Researchers at Baylor College of Medicine say that they have made a new finding regarding the Notch signaling pathway in sensory organ precursor cells in the fruit fly that may help

Researchers say they have made a new finding regarding the Notch signaling pathway in sensory organ precursor cells in the fruit fly.

Researchers at Baylor College of Medicine say that this may help unravel the mystery behind an immunological disorder called WisKott-Aldrich syndrome.

Notch signaling helps determine the fate of a number of different cell types in a variety of organisms, including humans.

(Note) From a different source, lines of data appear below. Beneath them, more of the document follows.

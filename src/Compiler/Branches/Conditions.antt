-- ===== src/Compiler/Branches/Conditions.antt =====
-- The conditions of src/components/compiler/ast_to_asm.c.
use saffire.Prelude.{ℕ, Option, none, some, [], ◌∷◌, Text}
use saffire.Asm.{op_label}
use saffire.Compiler.Names
use saffire.Compiler.Names.{label, decimal, decimal3}
use saffire.Compiler.State.{Walk, ◌⨾◌, skip, ctx_load, in_context, numbered, continue_loop}
use saffire.Compiler.Simple.{op, place, pop_top}

abbrev pub jump_to : ℕ → ℕ → Text → Walk
jump_to opcode lineno l = op opcode lineno (op_label l ∷ [])

-- The third operand, walked if it is there.
abbrev pub optional : Option Walk → Walk
optional none = skip
optional (some w) = in_context ctx_load w

-- `T_IF` and `'?'`, whose labels differ.
unfoldable pub walk_condition : Text → ℕ → Walk → Walk → Option Walk → Walk
walk_condition prefix lineno test body other = numbered (λ clc.
    let end = label prefix clc Names.end_suffix in
    let else_label = label prefix clc Names.else_suffix in
    in_context ctx_load test
    ⨾ jump_to 0x85 lineno else_label
    ⨾ pop_top lineno
    ⨾ in_context ctx_load body
    ⨾ jump_to 0x86 lineno end
    ⨾ place else_label
    ⨾ pop_top lineno
    ⨾ optional other
    ⨾ jump_to 0x86 lineno end
    ⨾ place end)

unfoldable pub walk_if : ℕ → Walk → Walk → Option Walk → Walk
walk_if = walk_condition Names.if_text

unfoldable pub walk_ternary : ℕ → Walk → Walk → Option Walk → Walk
walk_ternary = walk_condition Names.ternaryif_text

unfoldable pub walk_coalesce : ℕ → Walk → Walk → Walk
walk_coalesce lineno l r = numbered (λ clc.
    let default = label Names.coalesce_text clc Names.default_suffix in
    let end = label Names.coalesce_text clc Names.end_suffix in
    in_context ctx_load l
    ⨾ op 0x04 lineno []
    ⨾ jump_to 0x85 lineno default
    ⨾ pop_top lineno
    ⨾ jump_to 0x86 lineno end
    ⨾ place default
    ⨾ pop_top lineno
    ⨾ pop_top lineno
    ⨾ in_context ctx_load r
    ⨾ jump_to 0x86 lineno end
    ⨾ place end)

unfoldable pub walk_continue : ℕ → Walk
walk_continue lineno = continue_loop 0x92 lineno
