-- ===== src/Execute/Frame/Waits.antt =====
-- The waits between the attempts of a job (execute.py), and its registry, leave a view alone.
use aw_app_agents_platform_r.Prelude.{
  ℕ, zero, suc, min, ◌-◌, ◌+◌, ◌*◌, ◌/◌, ◌≡◌, refl, ◌∙◌, Bool, true, false, Option, none, some,
  if◌then◌else◌, is_some, leb, Bool-cases, inl, inr,
}
use aw_app_agents_platform_r.Prelude.Texts.{Text}
use aw_app_agents_platform_r.Prelude.Decimal.{str}
use aw_app_agents_platform_r.Execute.Outside.{Outside, cooldown_notice, backoff_notice}
use aw_app_agents_platform_r.Execute.Bounded.{get_item}
use aw_app_agents_platform_r.Execute.Publish.{publish_message}
use aw_app_agents_platform_r.Execute.Registry.{
  Process, mirror, or_none, read_mirror, is_aborted, remember_container, forget_container,
  clear_abort, forget_run, abort_flag_key, container_reg_key, abort_registry_ttl_s,
}
use aw_app_agents_platform_r.Execute.Stream.{Reason, rate_limit, contention}
use aw_app_agents_platform_r.Execute.Cooldown.{
  CooldownLook, proceeds, stops, again, next_ttl, set_cooldown, on_previous, cooldown_arm, at_world,
  on_look, poll_cooldown, after_poll, wait_turns, wait_polls, cooldown_wait, sleep_until,
  sleep_abortable, cooldown_key,
}
use aw_app_agents_platform_r.Execute.Retry.{
  wait_cooldown, on_slept, back_off, prepare, rate_limit_backoff, contention_backoff,
}
use aw_app_agents_platform_r.Execute.Frame.{Frame, view-publish_message}

module _ (O : Outside) (F : Frame O) where
  pub view-is_aborted :
      (r : Text) (p : Process O.World) → F.view (is_aborted O true r p).0.world ≡ F.view p.world
  unfolding is_aborted read_mirror
  view-is_aborted r p = elim (Bool-cases (is_some (get_item r p.aborted))) [
    | inl here ↦ rw here refl
    | inr gone ↦ rw gone (F.get (abort_flag_key r) p.world)
  ]

  view-set_cooldown : (ttl : Option ℕ) (w : O.World) → F.view (set_cooldown O ttl w) ≡ F.view w
  unfolding set_cooldown
  view-set_cooldown none w = refl
  view-set_cooldown (some ttl) w = F.set cooldown_key (str ttl) ttl w

  view-on_previous :
      (prev : Option (Option Text)) (w : O.World) → F.view (on_previous O prev w) ≡ F.view w
  unfolding on_previous
  view-on_previous none w = refl
  view-on_previous (some prev) w = view-set_cooldown (next_ttl (or_none prev)) w

  view-cooldown_arm : (w : O.World) → F.view (cooldown_arm O true w) ≡ F.view w
  unfolding cooldown_arm
  view-cooldown_arm w =
      view-on_previous (O.redis_get cooldown_key w).1 (O.redis_get cooldown_key w).0
      ∙ F.get cooldown_key w

  told : Bool → Text → Process O.World → O.World
  told notified r p = if notified then p.world else publish_message O r cooldown_notice p.world

  view-told :
      (notified : Bool) (r : Text) (p : Process O.World)
      → F.view (told notified r p) ≡ F.view p.world
  unfolding told
  view-told true r p = refl
  view-told false r p = view-publish_message O F r cooldown_notice p.world

  view-on_look :
      (look : Option (Option Text)) (notified : Bool) (r : Text) (p : Process O.World)
      → F.view (on_look O look notified r p).0.world ≡ F.view p.world
  unfolding on_look told
  view-on_look none notified r p = refl
  view-on_look (some armed) notified r p = elim (Bool-cases (is_some (or_none armed))) [
    | inl set ↦
        rw set (view-is_aborted r (at_world O p (told notified r p)) ∙ view-told notified r p)
    | inr clear ↦ rw clear refl
  ]

  view-poll_cooldown :
      (notified : Bool) (r : Text) (p : Process O.World)
      → F.view (poll_cooldown O notified r p).0.world ≡ F.view p.world
  unfolding poll_cooldown
  view-poll_cooldown notified r p =
      let a = O.redis_get cooldown_key p.world in
      view-on_look a.1 notified r (at_world O p a.0) ∙ F.get cooldown_key p.world

  view-after_poll :
      (turn : Process O.World × CooldownLook) (later : Process O.World × Bool × Bool) (v : F.View)
      → F.view turn.0.world ≡ v
      → F.view later.0.world ≡ v
      → F.view (after_poll O turn later).0.world ≡ v
  unfolding after_poll
  view-after_poll (p, proceeds c) later v e f = e
  view-after_poll (p, stops) later v e f = e
  view-after_poll (p, again) later v e f = f

  view-wait_turns :
      (left : ℕ) (notified : Bool) (r : Text) (p : Process O.World)
      → F.view (wait_turns O left notified r p).0.world ≡ F.view p.world
  unfolding wait_turns
  view-wait_turns zero notified r p =
      let turn = poll_cooldown O notified r p in
      let e = view-poll_cooldown notified r p in
      view-after_poll turn (turn.0, true, false) (F.view p.world) e e
  view-wait_turns (suc left) notified r p =
      let turn = poll_cooldown O notified r p in
      let next = at_world O turn.0 (O.sleep 1000 turn.0.world) in
      let e = view-poll_cooldown notified r p in
      view-after_poll turn (wait_turns O left true r next) (F.view p.world) e
        (view-wait_turns left true r next ∙ (F.slept 1000 turn.0.world ∙ e))

  pub view-cooldown_wait :
      (r : Text) (p : Process O.World) → F.view (cooldown_wait O true r p).0.world ≡ F.view p.world
  unfolding cooldown_wait
  view-cooldown_wait r p =
      let t = wait_turns O wait_polls false r p in
      let j = O.uniform 0 5000 t.0.world in
      elim (Bool-cases t.2) [
        | inl cleared ↦
            rw cleared
              (F.slept j.1 j.0 ∙ (F.random 0 5000 t.0.world ∙ view-wait_turns wait_polls false r p))
        | inr still ↦ rw still (view-wait_turns wait_polls false r p)
      ]

  view-sleep_until :
      (fuel end : ℕ) (r : Text) (p : Process O.World)
      → F.view (sleep_until O fuel end r p).0.world ≡ F.view p.world
  unfolding sleep_until
  view-sleep_until zero end r p = refl
  view-sleep_until (suc fuel) end r p =
      let now = O.monotonic p.world in
      let a = is_aborted O true r (at_world O p now.0) in
      let d = min 1000 (end - now.1) in
      let here = view-is_aborted r (at_world O p now.0) ∙ F.clock p.world in
      elim (Bool-cases (leb end now.1)) [
        | inl over ↦ rw over (F.clock p.world)
        | inr early ↦ elim (Bool-cases a.1) [
          | inl stopped ↦ rw (early, stopped) here
          | inr running ↦
              rw (early, running)
                (view-sleep_until fuel end r (at_world O a.0 (O.sleep d a.0.world))
                  ∙ (F.slept d a.0.world ∙ here))
        ]
      ]

  view-sleep_abortable :
      (d : ℕ) (r : Text) (p : Process O.World)
      → F.view (sleep_abortable O d r p).0.world ≡ F.view p.world
  unfolding sleep_abortable
  view-sleep_abortable d r p =
      let now = O.monotonic p.world in
      view-sleep_until (d / 1000 + 2) (now.1 + d) r (at_world O p now.0) ∙ F.clock p.world

  view-on_slept :
      (r : Text) (slept : Process O.World × Option Bool)
      → F.view (on_slept O r slept).0.world ≡ F.view slept.0.world
  unfolding on_slept wait_cooldown
  view-on_slept r (p, none) = refl
  view-on_slept r (p, some true) = refl
  view-on_slept r (p, some false) = view-cooldown_wait r p

  view-back_off :
      (reason : Reason) (attempt : ℕ) (r : Text) (p : Process O.World)
      → F.view (back_off O reason attempt r p).0.world ≡ F.view p.world
  unfolding back_off wait_cooldown
  view-back_off rate_limit attempt r p =
      let b = rate_limit_backoff attempt in
      let w1 = cooldown_arm O true p.world in
      let j = O.uniform (b * 3 / 4) (b * 5 / 4) w1 in
      let w2 = publish_message O r (backoff_notice j.1 attempt) j.0 in
      view-on_slept r (sleep_abortable O j.1 r (at_world O p w2))
      ∙ (view-sleep_abortable j.1 r (at_world O p w2)
          ∙ (view-publish_message O F r (backoff_notice j.1 attempt) j.0
              ∙ (F.random (b * 3 / 4) (b * 5 / 4) w1 ∙ view-cooldown_arm p.world)))
  view-back_off contention attempt r p =
      view-cooldown_wait r (at_world O p (O.sleep (contention_backoff attempt) p.world))
      ∙ F.slept (contention_backoff attempt) p.world

  pub view-prepare :
      (reason : Reason) (attempt : ℕ) (r : Text) (p : Process O.World)
      → F.view (prepare O reason attempt r p).0.world ≡ F.view p.world
  unfolding prepare
  view-prepare reason attempt r p =
      let a = is_aborted O true r p in
      elim (Bool-cases a.1) [
        | inl stopped ↦ rw stopped (view-is_aborted r p)
        | inr running ↦ rw running (view-back_off reason attempt r a.0 ∙ view-is_aborted r p)
      ]

  view-mirror :
      (write : O.World → O.World × Bool) (p : Process O.World)
      → ((w : O.World) → F.view (write w).0 ≡ F.view w)
      → F.view (mirror O true write p).world ≡ F.view p.world
  unfolding mirror
  view-mirror write p h = h p.world

  pub view-remember_container :
      (r name : Text) (p : Process O.World)
      → F.view (remember_container O true r name p).world ≡ F.view p.world
  unfolding remember_container mirror
  view-remember_container r name p = F.set (container_reg_key r) name abort_registry_ttl_s p.world

  pub view-forget_run :
      (r : Text) (p : Process O.World) → F.view (forget_run O true r p).world ≡ F.view p.world
  unfolding forget_run clear_abort forget_container mirror
  view-forget_run r p =
      F.delete (abort_flag_key r) (O.redis_delete (container_reg_key r) p.world).0
      ∙ F.delete (container_reg_key r) p.world
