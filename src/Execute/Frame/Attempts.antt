-- ===== src/Execute/Frame/Attempts.antt =====
-- The attempts of a job (execute.py) leave a view alone that the start of a container leaves alone too.
use aw_app_agents_platform_r.Prelude.{
  ℕ, zero, suc, ◌-◌, ◌≡◌, ◌∙◌, Bool, true, false, Option, none, some, ℤ,
}
use aw_app_agents_platform_r.Prelude.Texts.{Text, codes}
use aw_app_agents_platform_r.Execute.Outside.{Outside, result}
use aw_app_agents_platform_r.Execute.Registry.{Process}
use aw_app_agents_platform_r.Execute.Stream.{Reason, stream_cold_attempt}
use aw_app_agents_platform_r.Execute.Cooldown.{at_world}
use aw_app_agents_platform_r.Execute.Retry.{
  max_attempts, prepare, spawn_error, on_respawn, on_prepared, on_attempt, attempts_from,
  run_cold_agent_with_retry,
}
use aw_app_agents_platform_r.Execute.Frame.{Frame, view-publish_message, view-stream_cold_attempt}
use aw_app_agents_platform_r.Execute.Frame.Waits.{view-prepare}

module _ (O : Outside) (F : Frame O)
    (spawned : (w : O.World) → F.view (O.run_container w).0 ≡ F.view w) where
  view-on_attempt :
      (v : F.View) (a : Option (ℤ × Option Reason)) (p : Process O.World)
      (again : ℤ → Reason → Process O.World × Option ℤ)
      → F.view p.world ≡ v
      → ((returncode : ℤ) (reason : Reason) → F.view (again returncode reason).0.world ≡ v)
      → F.view (on_attempt O a p again).0.world ≡ v
  unfolding on_attempt
  view-on_attempt v none p again e h = e
  view-on_attempt v (some (returncode, none)) p again e h = e
  view-on_attempt v (some (returncode, some reason)) p again e h = h returncode reason

  view-on_prepared :
      (v : F.View) (q : Process O.World × Option Bool) (returncode : ℤ) (r : Text)
      (respawn : Process O.World → Process O.World × Option ℤ)
      → F.view q.0.world ≡ v
      → F.view (respawn q.0).0.world ≡ v
      → F.view (on_prepared O q returncode r respawn).0.world ≡ v
  unfolding on_prepared
  view-on_prepared v (p, none) returncode r respawn e h = e
  view-on_prepared v (p, some false) returncode r respawn e h = e
  view-on_prepared v (p, some true) returncode r respawn e h = h

  view-on_respawn :
      (v : F.View) (h : Option O.Handle) (r : Text) (p : Process O.World)
      (attempts : O.Handle → Process O.World × Option ℤ)
      → F.view p.world ≡ v
      → ((x : O.Handle) → F.view (attempts x).0.world ≡ v)
      → F.view (on_respawn O h r p attempts).0.world ≡ v
  unfolding on_respawn spawn_error
  view-on_respawn v none r p attempts e more =
      view-publish_message O F r
        (result (codes "spawn_error") (codes "runner failed to respawn container on retry: "))
        p.world
      ∙ e
  view-on_respawn v (some x) r p attempts e more = more x

  view-attempts_from :
      (left attempt : ℕ) (cr : Bool) (h : O.Handle) (r : Text) (p : Process O.World)
      → F.view (attempts_from O left attempt cr h r p).0.world ≡ F.view p.world
  unfolding attempts_from
  view-attempts_from zero attempt cr h r p =
      let a = stream_cold_attempt O h r cr true p.world in
      let e = view-stream_cold_attempt O F h r cr true p.world in
      view-on_attempt (F.view p.world) a.1 (at_world O p a.0)
        (λ returncode reason. (at_world O p a.0, some returncode)) e (λ returncode reason. e)
  view-attempts_from (suc left) attempt cr h r p =
      let a = stream_cold_attempt O h r cr false p.world in
      let p1 = at_world O p a.0 in
      let e = view-stream_cold_attempt O F h r cr false p.world in
      let v = F.view p.world in
      view-on_attempt v a.1 p1 _ e (λ returncode reason.
        let q = prepare O reason (suc attempt) r p1 in
        let f = view-prepare O F reason (suc attempt) r p1 ∙ e in
        let s = O.run_container q.0.world in
        let g = spawned q.0.world ∙ f in
        view-on_prepared v q returncode r _ f (
          view-on_respawn v s.1 r (at_world O q.0 s.0) _ g
            (λ x. view-attempts_from left (suc attempt) cr x r (at_world O q.0 s.0) ∙ g)))

  pub view-run_cold_agent_with_retry :
      (cr : Bool) (h : O.Handle) (r : Text) (p : Process O.World)
      → F.view (run_cold_agent_with_retry O cr h r p).0.world ≡ F.view p.world
  unfolding run_cold_agent_with_retry
  view-run_cold_agent_with_retry cr h r p = view-attempts_from (max_attempts cr - 1) 1 cr h r p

"This finding provides a model for how Wiskott Aldrich syndrome, a form of selective immunodeficiency in children, occurs," Nature magazine quoted Dr. Hugo Bellen, professor of molecular and human genetics and director of the Program in Developmental Biology at BCM, as saying.

The researchers point out that two daughter cells arise from a single sensory organ precursor mother cell in the fly peripheral nervous system, and that among the daughter cells, Notch is activated in one and not in the other.

The differential activation of signaling leads to two different kinds of cells which arise from the same mother cell, a reason why the researchers used the fruit flies sensory organ precursor cell division as a model to understand how Notch signaling is activated during asymmetric cell division.

Two graduate students in Bellen's laboratory-Akhila Rajan and An-chi Tien-screened fruit fly mutants that have disrupted peripheral nervous system development and identified a mutant with a cluster of neurons.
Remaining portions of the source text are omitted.